Even I'm on the same boat.. Don't know which iem to buy... Vsonic ones were listed at~ 2500 before tax, before they went out of stock back in June.. Now they're at 2800 with 3200 checkout price. 

I've used signature c12..they are fine but I think that e10 is par with them.. So not worth over cheaper e10.


----------



## Deleted member 118788 (Oct 23, 2015)

Are Vsonic earphones so good? I mean to ask will you hear a difference from Piston without any portable dac.


----------



## madhu (Oct 23, 2015)

GR07 is a great one...one of the best in the low end segment!

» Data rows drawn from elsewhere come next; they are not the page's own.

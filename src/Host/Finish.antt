-- ===== src/Host/Finish.antt =====
-- `execute_attempt` of src/prompt_performance_engine/frontier_host.py, from the end of the call of
-- the runner: the result is judged, the charge is settled and the attempt is reported.
-- The source takes its lock for the receipt, in the ledger's `settle` and in `_record`: `finish` is the
-- three in turn, with no other thread in between.
use prompt_performance_engin.Prelude.{
  ℕ, Bool, true, false, ◌&&◌, String, str_eq, Option, none, some, List, [], ◌∷◌, ◌++◌,
  if◌then◌else◌,
}
use prompt_performance_engin.Prelude.Result.{Result, ok, err}
use prompt_performance_engin.Prelude.Value.{Value}
use prompt_performance_engin.Budget.Amounts.{Amounts, Error as LedgerError}
use prompt_performance_engin.Budget.Ledger.{Ledger, Event, settle}
use prompt_performance_engin.Budget.Behaviour.{is_breach}
use prompt_performance_engin.Host.Plan.{Frozen, Report, HostState, amounts_value}
use prompt_performance_engin.Host.Attempt.{
  Error, interrupted, ledger_refused, Digests, Dispatched, RunnerOutcome, VerifierAnswer,
}
use prompt_performance_engin.Host.Assess.{Assessment, assess, final_charge, observed_time}

abbrev pub receipt_value : Option String → Value
receipt_value none = Value.null
receipt_value (some s) = Value.str s

-- `self._receipts.add(verified)`
unfoldable pub add_receipt : Option String → List String → List String
add_receipt none receipts = receipts
add_receipt (some s) receipts = s ∷ receipts

abbrev pub is_none : {A : Type 0} → Option A → Bool
is_none none = true
is_none (some a) = false

-- `FrontierAttemptOutcome`
pub record AttemptOutcome : Type 0 where
  pub report : Report
  pub output_text : Option String

unfoldable pub report_of :
    Frozen → Digests → Dispatched → Assessment → Amounts → Bool → Option String → Report
report_of frozen digests d a charged usable failure_code = record {
  authority = frozen.authority;
  attempt_id = d.request.slot.slot_id;
  slot = d.request.slot;
  binding = d.request.binding;
  request_sha256 = digests.request_sha256 d.request;
  response_sha256 = a.response_sha256;
  provider_status = a.provider_status;
  usage = charged;
  receipt_sha256 = a.receipt;
  usable = usable;
  failure_code = failure_code;
}

-- The report is recorded; then a pending interrupt is raised again.
unfoldable pub conclude : Assessment → Report → HostState → Result Error AttemptOutcome × HostState
conclude a report s = (
  if a.is_interrupted
      then err interrupted
      else ok (record { report = report; output_text = if report.usable then a.text else none }),
  record s { reports = s.reports ++ report ∷ [] },
)

-- After the ledger has answered: a breach makes the attempt unusable, any other error is raised.
unfoldable pub after_settle :
    Frozen
    → Digests
    → Dispatched
    → Assessment
    → Amounts
    → HostState
    → Result LedgerError Event × Ledger
    → Result Error AttemptOutcome × HostState
unfolding conclude report_of
after_settle frozen digests d a charged s (ok event, l) =
    conclude a
      (report_of frozen digests d a charged
        (str_eq a.provider_status "success" && is_none a.failure_code) a.failure_code)
      (record s { ledger = l })
after_settle frozen digests d a charged s (err e, l) =
    if is_breach e
    then conclude a (report_of frozen digests d a charged false (some "budget_breach"))
        (record s { ledger = l })
    else (err (ledger_refused e), record s { ledger = l })

unfoldable pub settle_attempt :
    Frozen
    → Digests
    → Dispatched
    → Assessment
    → ℕ
    → HostState
    → Result Error AttemptOutcome × HostState
unfolding after_settle final_charge add_receipt
settle_attempt frozen digests d a observed s =
    let charged = final_charge d observed a.receipt a.charged in
    after_settle frozen digests d a charged
      (record s { receipts = add_receipt a.receipt s.receipts })
      (settle d.request.slot.slot_id (amounts_value charged) a.provider_status
        (receipt_value a.receipt) (Value.str d.reservation_token) s.ledger)

-- `execute_attempt`, from the end of the call of the runner.
unfoldable pub finish :
    Frozen
    → Digests
    → (Value → String → VerifierAnswer)
    → Dispatched
    → RunnerOutcome
    → Option ℕ
    → HostState
    → Result Error AttemptOutcome × HostState
unfolding settle_attempt assess observed_time
finish frozen digests verify d outcome elapsed s =
    settle_attempt frozen digests d
      (assess digests verify d (observed_time d elapsed) s.receipts outcome)
      (observed_time d elapsed) s
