-- ===== src/Host/Steps.antt =====
-- The attempts of several threads on one `FrontierExecutionHost` of
-- src/prompt_performance_engine/frontier_host.py: between `begin` and `finish` an attempt is with the
-- runner, and any others may begin or finish. Here a whole `begin` is one step and a whole `finish` is
-- one: their lock regions, three in each, follow each other with no other thread in between.
use prompt_performance_engin.Prelude.{
  Bool, true, String, str_eq, Option, none, some, List, [], ◌∷◌, ◌++◌, ℕ, ◌≡◌, if◌then◌else◌,
}
use prompt_performance_engin.Prelude.Value.{Value}
use prompt_performance_engin.Prelude.Text.{is_ascii}
use prompt_performance_engin.Prelude.Result.{Result, ok, err}
use prompt_performance_engin.Budget.Amounts.{Amounts}
use prompt_performance_engin.Host.Plan.{Frozen, HostState, fresh_host}
use prompt_performance_engin.Host.Attempt.{
  Error, Arguments, Digests, Dispatched, RunnerOutcome, VerifierAnswer, begin,
}
use prompt_performance_engin.Host.Finish.{finish}

pub record System : Type 0 where
  pub host : HostState
  pub in_flight : List Dispatched

abbrev pub attempt_of : Dispatched → String
attempt_of d = d.request.slot.slot_id

unfoldable pub find_flight : String → List Dispatched → Option Dispatched
find_flight id [] = none
find_flight id (d ∷ ds) = if str_eq (attempt_of d) id then some d else find_flight id ds

unfoldable pub land : String → List Dispatched → List Dispatched
land id [] = []
land id (d ∷ ds) = if str_eq (attempt_of d) id then ds else d ∷ land id ds

-- What a `begin` leaves, by how it ended.
abbrev pub begun : List Dispatched → Result Error Dispatched × HostState → System
begun ds (ok d, host) = record { host = host; in_flight = ds ++ d ∷ [] }
begun ds (err e, host) = record { host = host; in_flight = ds }

-- `drawn`: the token is one of `secrets.token_hex`, whose digits are ASCII.
pub data Step (frozen : Frozen) (digests : Digests) (s t : System) : Type 0 where
  start :
      (is_expired clock_works : Bool) (token : String) (a : Arguments)
      → is_ascii token ≡ true
      → t ≡ begun s.in_flight (begin frozen digests is_expired clock_works token a s.host)
      → Step frozen digests s t
  arrive :
      (id : String) (d : Dispatched) (outcome : RunnerOutcome) (elapsed : Option ℕ)
      (verify : Value → String → VerifierAnswer)
      → find_flight id s.in_flight ≡ some d
      → t ≡ record {
        host = (finish frozen digests verify d outcome elapsed s.host).1;
        in_flight = land id s.in_flight;
      }
      → Step frozen digests s t

pub data Reach (frozen : Frozen) (digests : Digests) (s : System) : System → Type 0 where
  here : Reach frozen digests s s
  next :
      {t u : System} → Reach frozen digests s t → Step frozen digests t u → Reach frozen digests s u

-- A host that was just made.
abbrev pub opening : Amounts → System
opening ceilings = record { host = fresh_host ceilings; in_flight = [] }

Also have a look at M6 pro, it has a good review comment which is close to 3k...


----------



## Gauravchi (Oct 23, 2015)

Check Brainwavz M1. I am using them for more than 1 year and it's good. Prior to it, I has used soundmagic pl30 and I can say M1 is better than that. It's available for 2,999 on company's official website.


----------



## tkin (Oct 25, 2015)

*As much as I wanted to go for VSonic I couldn't afford the VSD5 which were my dream IEM, so I went for the SM E80, review coming up soon:*

*V1 Upgrade for my upcoming music setup:*

*i.imgur.com/WmicUdQ.jpg

*i.imgur.com/y5yqQfh.jpg

*i.imgur.com/pAc0LZC.jpg

*i.imgur.com/rwfXJHh.jpg

*i.imgur.com/06Eur5C.jpg

Comply foam tips are amazing, from now on it's comply all the way, medium tips have an amazing fit, it blocks upto 80% of external sound and gives the best fit possible.


----------



## zapout (Oct 25, 2015)

Nice.. You bought e80, for how much you got them for?

Can you tell,  why you choose these over vsonic vsd3s?.. I'm in conundrum to which one to go for.


----------



## Hrishi (Oct 26, 2015)

I am also looking to buy comply foam tips for my xb90. How much can one get them for separately?


----------



## tkin (Oct 26, 2015)

zapout said:


> Nice.. You bought e80, for how much you got them for?
> 
> Can you tell,  why you choose these over vsonic vsd3s?.. I'm in conundrum to which one to go for.


I got them for 3k from fk. Four reasons why I chose them.

1. Soundmagic quality, I have been using SM for years now. PL30, PL50, E10 all have lived upto to their expectations. So SM has a big brand value to me compared to VSonic.

2. After sales support, SM provides one year warranty and its imported by Acro engineering. That means I can get warranty locally unlike VSonic. After sales support is a big criteria for me.

3. Sound quality is excellent, its very neutral, something I crave in a headphone. I am not sure about VSD3. VSD5 is another matter but out of my budget.

4. I had a 500/- coupon for flipkart, I had to use that, VSonic is not available in flipkart and that hifinage website looked extremely shoddy and I was a bit skeptical about their support.

I am not sure whether I made the correct choice by going for SM E80 compared to VSD3 but so far the E80 has lived upto my expectations, its like a mini M50X  

Full review up tomorrow.

- - - Updated - - -



Hrishi said:


> I am also looking to buy comply foam tips for my xb90. How much can one get them for separately?


Go here: Comply? Foam Tips - Replacement Earphone Tips

Use the comply tip finder link on top.

For XB90X I found these tips:

*i.imgur.com/rQ5mIaM.png

These are Series 200.

Now search for *Comply 200* in online retail sites.

Example: 

eBay

*www.flipkart.com/search?q=comply+200&as=off&as-show=off&otracker=start

In the comply website look at different categories, sizes and also look for youtube videos. I find the medium to be best for me.


----------



## rachitrt23 (Oct 28, 2015)

Did u bought any iem yet? If not u may also check out meelectronics models


----------



## Deleted member 118788 (Oct 28, 2015)

rachitrt23 said:


> Did u bought any iem yet? If not u may also check out meelectronics models



Learn to read. He have already purchased it.


----------



## rachitrt23 (Oct 28, 2015)

Geek-With-Lens said:


> Learn to read. He have already purchased it.


Apologies.. I had read it before. But forgot after reading about meelectronics' reviews. My bad


----------